SCO return to Romsey Abbey featuring Shostakovich's 11th symphony.
Romsey Abbey, Romsey
Saturday 22nd May 2027 - 7:30pm
Ticket Prices: TBC
The Programme

Shostakovich’s Symphony No. 11 is one of his most powerful and dramatic creations, a vast musical fresco that reflects both history and human struggle. Written in 1957, it commemorates the events of 1905, when peaceful demonstrators in St Petersburg were fired upon outside the Winter Palace in what became known as Bloody Sunday.
Rather than a traditional symphony, Shostakovich gives us a film-like narrative in sound. A sense of tense stillness opens the work, the cold square before the storm, with distant drumbeats and softly tolling bells evoking a frozen city holding its breath. Folksongs and revolutionary melodies thread through the movements, not as propaganda but as echoes of ordinary voices swept into extraordinary events.
When the inevitable violence erupts, the music surges with overwhelming force: furious brass, relentless percussion and a driving energy that captures both terror and defiance. Yet woven through the drama are moments of aching sadness, remembrance and quiet dignity, a tribute not only to those who fell in 1905, but to all who suffer under oppression and injustice.

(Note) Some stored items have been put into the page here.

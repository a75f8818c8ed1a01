-- ===== src/Lsblk/Device/Walk.antt =====
-- The walk over nested devices does what the source's recursion over `Children()` says.
use topovgm.Prelude.{
  String, List, ◌∷◌, ◌++◌, ◌≡◌, refl, sym, ap, ◌∙◌, inl, inr, Bool-cases, arith, ◌==◌, string_eq,
}
use topovgm.Go.{⊤, Outcome, ok, fail, panic, bind}
use topovgm.Lsblk.Device.{
  Any, nil, array, object, Anys, last, next, BlockDevice, no_entry, entry, lookup_key, as_devices,
  as_children, children, descendants, descendants_of_value, descendants_of_values,
  recursive_block_devices,
}

-- A value, or the panic of a failed type assertion.
abbrev CastsOnly : {A : Type 0} → Outcome A → Type 0
CastsOnly (ok _) = ⊤
CastsOnly (fail _) = ⊥
CastsOnly (panic p) = p ≡ "interface conversion"

bind-CastsOnly :
    {A B : Type 0} (r : Outcome A) (f : A → Outcome B)
    → CastsOnly r
    → ((a : A) → CastsOnly (f a))
    → CastsOnly (bind r f)
bind-CastsOnly (ok a) f h k = k a
bind-CastsOnly (fail e) f h k = h
bind-CastsOnly (panic p) f h k = h

bind-panic :
    {A B : Type 0} (r : Outcome A) (p : String)
    → CastsOnly r
    → p ≡ "interface conversion"
    → (bind {B = B} r λ _. panic p) ≡ panic p
bind-panic (ok a) p h e = refl
bind-panic (fail e) p h _ = absurd h
bind-panic (panic q) p h e = ap panic (h ∙ sym e)

mutual
  unfolding descendants

  descendants-CastsOnly : (dev : BlockDevice) → CastsOnly (descendants dev)
  descendants-CastsOnly no_entry = tt
  descendants-CastsOnly (entry k v dev) =
      ground (arith, descendants_of_value-CastsOnly v, descendants-CastsOnly dev)

  descendants_of_value-CastsOnly : (v : Any) → CastsOnly (descendants_of_value v)
  descendants_of_value-CastsOnly (array ts) = descendants_of_values-CastsOnly ts
  descendants_of_value-CastsOnly nil = refl
  descendants_of_value-CastsOnly _ = refl

  descendants_of_values-CastsOnly : (ts : Anys) → CastsOnly (descendants_of_values ts)
  descendants_of_values-CastsOnly last = tt
  descendants_of_values-CastsOnly (next (object dev) ts) =
      bind-CastsOnly _ _ (descendants-CastsOnly dev)
        λ below. bind-CastsOnly _ _ (descendants_of_values-CastsOnly ts) λ others. tt
  descendants_of_values-CastsOnly (next nil ts) = refl
  descendants_of_values-CastsOnly (next _ ts) = refl

as_devices-CastsOnly : (ts : Anys) → CastsOnly (as_devices ts)
unfolding as_devices
as_devices-CastsOnly last = tt
as_devices-CastsOnly (next (object dev) ts) = ground (arith, as_devices-CastsOnly ts)
as_devices-CastsOnly (next nil ts) = refl
as_devices-CastsOnly (next _ ts) = refl

walk_step :
    (dev : BlockDevice) (s t : Outcome (List BlockDevice))
    → CastsOnly s
    → t ≡ bind s recursive_block_devices
    → (bind (descendants dev) λ below. bind t λ others. ok (dev ∷ (below ++ others)))
      ≡ bind (bind s λ devs. ok (dev ∷ devs)) recursive_block_devices
unfolding recursive_block_devices
walk_step dev (ok devs) t h e = rw e
walk_step dev (fail x) t h e = absurd h
walk_step dev (panic p) t h e = rw e (bind-panic (descendants dev) p (descendants-CastsOnly dev) h)

-- The values below `children` are cast, and then walked.
descendants_of_values-as_devices :
    (ts : Anys) → descendants_of_values ts ≡ bind (as_devices ts) recursive_block_devices
unfolding descendants as_devices
descendants_of_values-as_devices last = unfold recursive_block_devices in refl
descendants_of_values-as_devices (next (object dev) ts) =
    walk_step dev (as_devices ts) _ (as_devices-CastsOnly ts) (descendants_of_values-as_devices ts)
descendants_of_values-as_devices (next nil ts) = refl
descendants_of_values-as_devices (next _ ts) = refl

descendants_of_value-as_children :
    (v : Any) → descendants_of_value v ≡ bind (as_children v) recursive_block_devices
unfolding descendants
descendants_of_value-as_children (array ts) = descendants_of_values-as_devices ts
descendants_of_value-as_children nil = refl
descendants_of_value-as_children _ = refl

descendants-children :
    (dev : BlockDevice) → descendants dev ≡ bind (children dev) recursive_block_devices
unfolding descendants children recursive_block_devices
descendants-children no_entry = refl
descendants-children (entry k v dev) = elim (Bool-cases ("children" == k)) [
  | inl e ↦ rw (e, children, lookup_key) (descendants_of_value-as_children v)
  | inr e ↦ rw (e, children, lookup_key) (descendants-children dev)
]

-- The walk over a list that is not empty is the source's recursion: the first device, then the walk
-- over its `Children()`, then the walk over the devices after it. Where one of these panics, the
-- walk does.
pub recursive_block_devices-children :
    (dev : BlockDevice) (devices : List BlockDevice)
    → recursive_block_devices (dev ∷ devices) ≡ (
        bind
          (bind (children dev) recursive_block_devices)
          λ below. bind (recursive_block_devices devices) λ others. ok (dev ∷ (below ++ others)))
recursive_block_devices-children dev devices =
    rw (← descendants-children dev) (unfold recursive_block_devices in refl)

Though rooted in a specific moment in Russian history, Symphony No. 11 speaks far beyond its time. It is a work of conscience as much as artistry — solemn, deeply felt and profoundly human. In its final pages, bells ring again: not simply mourning the past, but reminding us of memory’s power, and of the enduring hope that even in darkness, voices of truth and courage will rise.